TASK TO COMPLETE:
In the records, find each line where "IsPrintable" occurs, and copy it.

RECORD EXCERPTS:
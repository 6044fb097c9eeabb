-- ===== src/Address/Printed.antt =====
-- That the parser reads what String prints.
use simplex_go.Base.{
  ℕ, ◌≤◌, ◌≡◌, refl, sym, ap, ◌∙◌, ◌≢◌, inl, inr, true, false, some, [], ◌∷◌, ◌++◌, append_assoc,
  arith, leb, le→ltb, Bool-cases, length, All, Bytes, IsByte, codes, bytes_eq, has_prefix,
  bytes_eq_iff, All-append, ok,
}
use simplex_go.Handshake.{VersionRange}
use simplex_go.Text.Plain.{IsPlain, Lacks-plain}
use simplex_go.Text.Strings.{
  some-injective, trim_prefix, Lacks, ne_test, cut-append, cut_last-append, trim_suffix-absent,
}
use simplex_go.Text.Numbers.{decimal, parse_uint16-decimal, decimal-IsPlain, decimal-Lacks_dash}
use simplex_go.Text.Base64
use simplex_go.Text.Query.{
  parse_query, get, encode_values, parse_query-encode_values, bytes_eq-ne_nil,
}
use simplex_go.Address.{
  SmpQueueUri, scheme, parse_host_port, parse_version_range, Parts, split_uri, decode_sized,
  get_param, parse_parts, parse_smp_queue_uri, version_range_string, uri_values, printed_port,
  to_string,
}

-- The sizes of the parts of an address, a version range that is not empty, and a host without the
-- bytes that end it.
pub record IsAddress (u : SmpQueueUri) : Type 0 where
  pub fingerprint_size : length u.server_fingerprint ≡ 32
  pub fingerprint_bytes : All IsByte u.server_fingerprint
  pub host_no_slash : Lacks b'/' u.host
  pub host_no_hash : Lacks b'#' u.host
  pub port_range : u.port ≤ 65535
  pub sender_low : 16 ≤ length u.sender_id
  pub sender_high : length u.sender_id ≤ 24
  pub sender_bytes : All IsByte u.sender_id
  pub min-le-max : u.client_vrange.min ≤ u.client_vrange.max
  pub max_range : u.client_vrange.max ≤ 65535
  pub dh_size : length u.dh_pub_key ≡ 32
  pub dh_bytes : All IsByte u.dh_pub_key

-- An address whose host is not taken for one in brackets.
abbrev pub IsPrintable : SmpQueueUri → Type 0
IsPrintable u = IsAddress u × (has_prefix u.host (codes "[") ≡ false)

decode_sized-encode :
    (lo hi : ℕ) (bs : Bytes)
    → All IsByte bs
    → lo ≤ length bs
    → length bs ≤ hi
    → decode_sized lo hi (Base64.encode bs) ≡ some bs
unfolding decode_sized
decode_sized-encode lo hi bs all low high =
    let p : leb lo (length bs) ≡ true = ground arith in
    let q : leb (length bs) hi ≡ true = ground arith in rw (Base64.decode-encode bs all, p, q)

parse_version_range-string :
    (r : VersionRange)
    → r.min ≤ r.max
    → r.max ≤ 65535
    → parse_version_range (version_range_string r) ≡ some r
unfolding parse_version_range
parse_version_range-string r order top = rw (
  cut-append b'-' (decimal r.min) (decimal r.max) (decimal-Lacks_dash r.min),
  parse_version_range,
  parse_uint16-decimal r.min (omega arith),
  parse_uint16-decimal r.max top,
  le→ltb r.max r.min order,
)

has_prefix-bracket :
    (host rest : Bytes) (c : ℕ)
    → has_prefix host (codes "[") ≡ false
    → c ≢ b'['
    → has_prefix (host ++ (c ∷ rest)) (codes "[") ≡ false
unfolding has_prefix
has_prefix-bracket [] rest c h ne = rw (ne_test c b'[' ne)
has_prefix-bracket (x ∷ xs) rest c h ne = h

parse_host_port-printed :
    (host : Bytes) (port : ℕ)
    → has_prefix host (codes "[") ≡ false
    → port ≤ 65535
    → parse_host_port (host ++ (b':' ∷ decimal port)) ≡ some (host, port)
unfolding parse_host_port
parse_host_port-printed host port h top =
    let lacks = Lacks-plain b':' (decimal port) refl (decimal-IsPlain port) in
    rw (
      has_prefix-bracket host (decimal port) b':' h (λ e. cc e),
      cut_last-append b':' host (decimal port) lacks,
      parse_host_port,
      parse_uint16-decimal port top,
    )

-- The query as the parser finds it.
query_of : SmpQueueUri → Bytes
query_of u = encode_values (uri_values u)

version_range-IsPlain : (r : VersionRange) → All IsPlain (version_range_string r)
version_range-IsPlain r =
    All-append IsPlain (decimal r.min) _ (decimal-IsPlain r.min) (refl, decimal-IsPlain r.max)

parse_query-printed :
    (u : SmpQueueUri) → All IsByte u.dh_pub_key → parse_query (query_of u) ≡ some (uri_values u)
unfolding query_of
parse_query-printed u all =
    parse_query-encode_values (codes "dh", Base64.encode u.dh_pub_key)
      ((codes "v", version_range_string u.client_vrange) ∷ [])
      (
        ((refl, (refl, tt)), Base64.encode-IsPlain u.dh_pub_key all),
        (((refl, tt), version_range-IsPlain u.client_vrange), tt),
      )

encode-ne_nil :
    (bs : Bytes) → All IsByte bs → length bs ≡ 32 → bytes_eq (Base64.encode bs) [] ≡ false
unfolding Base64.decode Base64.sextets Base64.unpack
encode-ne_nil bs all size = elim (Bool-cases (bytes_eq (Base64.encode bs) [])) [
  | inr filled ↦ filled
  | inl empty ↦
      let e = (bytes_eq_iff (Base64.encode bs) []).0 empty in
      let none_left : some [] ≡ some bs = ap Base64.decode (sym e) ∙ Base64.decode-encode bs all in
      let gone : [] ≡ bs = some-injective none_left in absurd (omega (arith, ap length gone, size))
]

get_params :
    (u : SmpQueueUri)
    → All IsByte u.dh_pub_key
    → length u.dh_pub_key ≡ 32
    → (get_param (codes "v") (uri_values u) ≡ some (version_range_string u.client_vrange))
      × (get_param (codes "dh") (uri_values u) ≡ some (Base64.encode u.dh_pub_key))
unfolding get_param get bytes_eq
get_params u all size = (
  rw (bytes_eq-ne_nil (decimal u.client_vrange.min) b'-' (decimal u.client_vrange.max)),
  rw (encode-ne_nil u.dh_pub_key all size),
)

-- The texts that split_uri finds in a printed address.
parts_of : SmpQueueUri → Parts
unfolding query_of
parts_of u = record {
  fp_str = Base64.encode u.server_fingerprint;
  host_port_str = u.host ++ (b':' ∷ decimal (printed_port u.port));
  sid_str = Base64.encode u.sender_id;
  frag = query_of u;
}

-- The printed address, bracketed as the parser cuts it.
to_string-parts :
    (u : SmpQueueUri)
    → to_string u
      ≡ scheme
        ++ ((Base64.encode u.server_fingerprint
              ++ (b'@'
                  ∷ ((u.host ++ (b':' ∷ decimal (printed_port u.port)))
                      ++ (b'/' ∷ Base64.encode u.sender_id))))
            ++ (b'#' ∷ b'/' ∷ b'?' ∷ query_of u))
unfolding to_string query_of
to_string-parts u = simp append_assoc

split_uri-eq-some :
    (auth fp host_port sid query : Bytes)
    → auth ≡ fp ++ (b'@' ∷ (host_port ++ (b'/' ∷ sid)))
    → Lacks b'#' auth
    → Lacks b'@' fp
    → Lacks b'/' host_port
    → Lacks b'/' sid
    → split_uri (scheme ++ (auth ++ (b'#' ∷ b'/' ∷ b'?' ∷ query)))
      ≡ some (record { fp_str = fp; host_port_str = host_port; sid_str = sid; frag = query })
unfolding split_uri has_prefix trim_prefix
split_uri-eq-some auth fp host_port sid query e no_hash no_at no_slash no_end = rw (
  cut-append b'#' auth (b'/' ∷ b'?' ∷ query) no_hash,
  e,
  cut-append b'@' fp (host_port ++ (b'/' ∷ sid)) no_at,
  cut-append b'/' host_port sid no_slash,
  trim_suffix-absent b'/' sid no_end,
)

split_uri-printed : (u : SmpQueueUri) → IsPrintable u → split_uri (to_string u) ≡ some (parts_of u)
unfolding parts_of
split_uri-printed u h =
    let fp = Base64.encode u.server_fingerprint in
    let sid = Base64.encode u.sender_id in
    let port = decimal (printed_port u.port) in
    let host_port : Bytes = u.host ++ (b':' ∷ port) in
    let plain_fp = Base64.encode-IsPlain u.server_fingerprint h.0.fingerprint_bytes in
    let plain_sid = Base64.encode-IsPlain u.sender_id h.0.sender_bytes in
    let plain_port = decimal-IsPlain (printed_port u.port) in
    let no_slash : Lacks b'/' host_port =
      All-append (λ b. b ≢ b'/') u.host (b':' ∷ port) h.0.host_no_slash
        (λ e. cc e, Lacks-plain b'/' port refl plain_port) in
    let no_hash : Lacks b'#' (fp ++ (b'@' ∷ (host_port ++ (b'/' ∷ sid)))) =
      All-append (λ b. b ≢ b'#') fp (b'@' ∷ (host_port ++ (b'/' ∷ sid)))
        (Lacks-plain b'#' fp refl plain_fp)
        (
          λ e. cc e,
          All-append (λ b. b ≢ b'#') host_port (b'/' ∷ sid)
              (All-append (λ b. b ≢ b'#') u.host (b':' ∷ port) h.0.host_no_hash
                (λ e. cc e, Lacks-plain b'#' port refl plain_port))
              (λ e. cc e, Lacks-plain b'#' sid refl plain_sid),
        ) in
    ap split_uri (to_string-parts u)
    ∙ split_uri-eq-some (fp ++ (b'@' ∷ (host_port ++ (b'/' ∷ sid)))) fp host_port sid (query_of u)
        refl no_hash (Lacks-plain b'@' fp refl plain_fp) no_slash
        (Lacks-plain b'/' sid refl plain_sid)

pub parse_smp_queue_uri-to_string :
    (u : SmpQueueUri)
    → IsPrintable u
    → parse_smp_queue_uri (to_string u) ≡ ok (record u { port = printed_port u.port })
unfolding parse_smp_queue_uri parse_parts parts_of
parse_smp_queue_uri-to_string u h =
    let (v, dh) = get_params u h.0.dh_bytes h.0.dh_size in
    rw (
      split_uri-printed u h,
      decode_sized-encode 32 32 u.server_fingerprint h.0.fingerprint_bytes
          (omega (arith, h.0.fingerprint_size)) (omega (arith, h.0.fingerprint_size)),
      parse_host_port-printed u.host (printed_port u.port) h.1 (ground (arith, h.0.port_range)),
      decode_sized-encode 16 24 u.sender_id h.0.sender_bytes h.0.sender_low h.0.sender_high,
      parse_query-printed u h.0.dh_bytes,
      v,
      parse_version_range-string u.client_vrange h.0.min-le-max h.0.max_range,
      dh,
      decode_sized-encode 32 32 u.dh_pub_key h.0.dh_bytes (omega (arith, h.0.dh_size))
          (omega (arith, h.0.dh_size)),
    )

--

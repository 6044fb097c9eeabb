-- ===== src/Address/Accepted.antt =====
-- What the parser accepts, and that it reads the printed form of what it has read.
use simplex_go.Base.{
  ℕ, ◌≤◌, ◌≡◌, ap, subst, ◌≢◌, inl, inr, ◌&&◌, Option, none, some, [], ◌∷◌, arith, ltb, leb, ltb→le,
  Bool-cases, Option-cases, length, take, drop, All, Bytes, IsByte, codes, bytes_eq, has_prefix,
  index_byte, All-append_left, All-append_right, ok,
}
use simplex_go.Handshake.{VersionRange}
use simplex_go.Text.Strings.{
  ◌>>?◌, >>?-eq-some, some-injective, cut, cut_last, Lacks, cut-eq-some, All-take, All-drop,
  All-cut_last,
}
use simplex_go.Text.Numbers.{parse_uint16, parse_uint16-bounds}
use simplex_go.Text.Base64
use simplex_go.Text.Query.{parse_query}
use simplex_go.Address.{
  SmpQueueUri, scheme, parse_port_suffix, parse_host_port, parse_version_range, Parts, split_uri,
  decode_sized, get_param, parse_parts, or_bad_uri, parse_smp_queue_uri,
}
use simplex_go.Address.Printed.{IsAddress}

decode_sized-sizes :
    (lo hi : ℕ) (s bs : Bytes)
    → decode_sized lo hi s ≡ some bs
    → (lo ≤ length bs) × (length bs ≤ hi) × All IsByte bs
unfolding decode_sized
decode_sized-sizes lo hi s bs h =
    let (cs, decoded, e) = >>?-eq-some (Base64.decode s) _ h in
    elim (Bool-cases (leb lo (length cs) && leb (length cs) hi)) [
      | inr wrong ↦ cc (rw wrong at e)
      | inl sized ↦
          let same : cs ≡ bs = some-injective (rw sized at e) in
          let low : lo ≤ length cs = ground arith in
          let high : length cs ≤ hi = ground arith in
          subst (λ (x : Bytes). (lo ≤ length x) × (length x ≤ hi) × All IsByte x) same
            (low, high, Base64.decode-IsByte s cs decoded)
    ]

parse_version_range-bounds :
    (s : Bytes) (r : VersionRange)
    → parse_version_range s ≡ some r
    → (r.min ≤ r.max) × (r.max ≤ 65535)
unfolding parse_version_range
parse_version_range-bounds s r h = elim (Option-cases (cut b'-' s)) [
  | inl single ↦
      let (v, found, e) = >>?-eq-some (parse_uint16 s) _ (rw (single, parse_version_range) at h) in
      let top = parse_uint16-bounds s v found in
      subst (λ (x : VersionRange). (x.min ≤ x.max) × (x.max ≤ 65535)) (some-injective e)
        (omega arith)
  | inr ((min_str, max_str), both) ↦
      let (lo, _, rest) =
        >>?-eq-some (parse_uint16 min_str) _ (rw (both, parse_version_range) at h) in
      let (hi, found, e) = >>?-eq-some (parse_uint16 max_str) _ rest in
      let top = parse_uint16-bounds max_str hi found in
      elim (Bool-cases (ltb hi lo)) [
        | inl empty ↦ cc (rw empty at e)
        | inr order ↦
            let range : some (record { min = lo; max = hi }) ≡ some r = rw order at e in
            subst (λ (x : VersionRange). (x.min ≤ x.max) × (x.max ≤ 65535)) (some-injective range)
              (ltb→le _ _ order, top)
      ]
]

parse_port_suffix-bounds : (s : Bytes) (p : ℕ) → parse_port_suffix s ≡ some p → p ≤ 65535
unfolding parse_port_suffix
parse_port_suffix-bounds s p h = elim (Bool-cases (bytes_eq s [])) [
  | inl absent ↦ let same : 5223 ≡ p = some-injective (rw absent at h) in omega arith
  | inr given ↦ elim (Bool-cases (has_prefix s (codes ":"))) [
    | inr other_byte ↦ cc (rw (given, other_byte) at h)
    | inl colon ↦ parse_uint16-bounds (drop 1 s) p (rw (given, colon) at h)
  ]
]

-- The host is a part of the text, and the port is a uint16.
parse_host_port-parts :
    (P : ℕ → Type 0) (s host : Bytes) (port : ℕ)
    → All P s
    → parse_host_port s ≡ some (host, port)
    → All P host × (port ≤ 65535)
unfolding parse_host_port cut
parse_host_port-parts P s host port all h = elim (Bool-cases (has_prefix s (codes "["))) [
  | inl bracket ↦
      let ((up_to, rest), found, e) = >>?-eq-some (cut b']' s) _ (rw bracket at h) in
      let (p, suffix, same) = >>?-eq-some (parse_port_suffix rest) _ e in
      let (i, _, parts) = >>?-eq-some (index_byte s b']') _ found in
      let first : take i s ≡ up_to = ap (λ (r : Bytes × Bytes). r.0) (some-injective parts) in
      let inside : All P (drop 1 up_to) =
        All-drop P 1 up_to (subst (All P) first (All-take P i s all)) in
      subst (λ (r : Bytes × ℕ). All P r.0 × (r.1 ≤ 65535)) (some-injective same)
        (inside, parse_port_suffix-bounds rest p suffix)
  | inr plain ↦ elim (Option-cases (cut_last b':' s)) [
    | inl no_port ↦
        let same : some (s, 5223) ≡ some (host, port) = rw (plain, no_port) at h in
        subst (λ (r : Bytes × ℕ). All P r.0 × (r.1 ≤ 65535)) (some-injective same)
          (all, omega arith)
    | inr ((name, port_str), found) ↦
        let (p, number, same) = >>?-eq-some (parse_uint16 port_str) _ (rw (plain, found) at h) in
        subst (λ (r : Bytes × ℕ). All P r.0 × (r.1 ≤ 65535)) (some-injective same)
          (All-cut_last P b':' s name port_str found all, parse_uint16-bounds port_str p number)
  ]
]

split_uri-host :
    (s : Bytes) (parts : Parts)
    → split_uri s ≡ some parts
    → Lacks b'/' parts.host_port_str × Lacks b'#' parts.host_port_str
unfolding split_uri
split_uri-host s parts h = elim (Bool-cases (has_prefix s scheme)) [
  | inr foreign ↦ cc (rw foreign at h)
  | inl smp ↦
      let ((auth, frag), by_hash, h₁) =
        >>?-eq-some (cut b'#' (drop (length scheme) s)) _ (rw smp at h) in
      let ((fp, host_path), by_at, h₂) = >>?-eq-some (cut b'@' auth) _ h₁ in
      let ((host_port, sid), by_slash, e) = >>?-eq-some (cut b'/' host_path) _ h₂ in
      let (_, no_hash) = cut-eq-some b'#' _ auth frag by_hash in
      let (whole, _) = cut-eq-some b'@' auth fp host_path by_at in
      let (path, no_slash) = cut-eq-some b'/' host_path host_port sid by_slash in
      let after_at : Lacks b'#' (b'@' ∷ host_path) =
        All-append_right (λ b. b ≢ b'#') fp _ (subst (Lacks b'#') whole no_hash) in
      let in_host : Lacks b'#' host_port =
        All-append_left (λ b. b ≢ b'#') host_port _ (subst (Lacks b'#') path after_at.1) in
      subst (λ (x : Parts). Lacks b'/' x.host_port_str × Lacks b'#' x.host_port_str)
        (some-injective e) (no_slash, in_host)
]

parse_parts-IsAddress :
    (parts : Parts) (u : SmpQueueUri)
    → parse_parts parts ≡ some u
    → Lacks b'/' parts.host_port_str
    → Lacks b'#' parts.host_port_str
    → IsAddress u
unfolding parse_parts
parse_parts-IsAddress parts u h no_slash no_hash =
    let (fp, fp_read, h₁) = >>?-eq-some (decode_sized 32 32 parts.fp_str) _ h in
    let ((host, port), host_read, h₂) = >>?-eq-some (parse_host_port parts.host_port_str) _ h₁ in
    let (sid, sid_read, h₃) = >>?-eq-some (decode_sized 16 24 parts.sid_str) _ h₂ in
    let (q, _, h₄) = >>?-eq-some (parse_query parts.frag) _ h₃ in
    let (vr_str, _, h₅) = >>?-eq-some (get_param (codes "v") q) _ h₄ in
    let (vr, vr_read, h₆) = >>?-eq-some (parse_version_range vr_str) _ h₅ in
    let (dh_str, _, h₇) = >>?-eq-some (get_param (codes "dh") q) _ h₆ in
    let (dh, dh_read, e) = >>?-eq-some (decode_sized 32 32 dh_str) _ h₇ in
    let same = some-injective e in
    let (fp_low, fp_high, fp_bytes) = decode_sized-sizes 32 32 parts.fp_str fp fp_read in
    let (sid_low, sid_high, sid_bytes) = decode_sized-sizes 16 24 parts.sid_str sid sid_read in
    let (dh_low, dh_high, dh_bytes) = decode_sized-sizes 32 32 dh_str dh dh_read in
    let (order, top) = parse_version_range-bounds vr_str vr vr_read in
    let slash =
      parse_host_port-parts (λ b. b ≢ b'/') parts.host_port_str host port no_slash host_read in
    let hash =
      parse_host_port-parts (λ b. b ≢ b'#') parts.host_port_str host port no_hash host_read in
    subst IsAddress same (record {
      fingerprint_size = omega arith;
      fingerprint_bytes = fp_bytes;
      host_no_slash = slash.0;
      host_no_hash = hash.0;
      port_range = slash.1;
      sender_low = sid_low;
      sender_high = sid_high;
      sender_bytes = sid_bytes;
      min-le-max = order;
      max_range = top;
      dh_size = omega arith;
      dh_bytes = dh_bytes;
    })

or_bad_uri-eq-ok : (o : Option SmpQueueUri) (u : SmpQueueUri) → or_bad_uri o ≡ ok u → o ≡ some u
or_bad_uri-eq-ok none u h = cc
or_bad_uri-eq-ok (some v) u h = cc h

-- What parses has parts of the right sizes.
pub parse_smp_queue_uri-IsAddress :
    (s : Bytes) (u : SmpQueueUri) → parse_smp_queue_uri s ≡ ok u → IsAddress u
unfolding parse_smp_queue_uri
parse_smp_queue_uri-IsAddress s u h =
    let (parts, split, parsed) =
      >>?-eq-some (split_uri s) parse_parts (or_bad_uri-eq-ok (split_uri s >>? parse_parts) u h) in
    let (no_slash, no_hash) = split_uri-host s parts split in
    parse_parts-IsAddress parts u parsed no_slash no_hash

SOLVED PROBLEM:
abbrev pub IsPrintable : SmpQueueUri → Type 0
IsPrintable u = IsAddress u × (has_prefix u.host (codes "[") ≡ false)
split_uri-printed : (u : SmpQueueUri) → IsPrintable u → split_uri (to_string u) ≡ some (parts_of u)
    → IsPrintable u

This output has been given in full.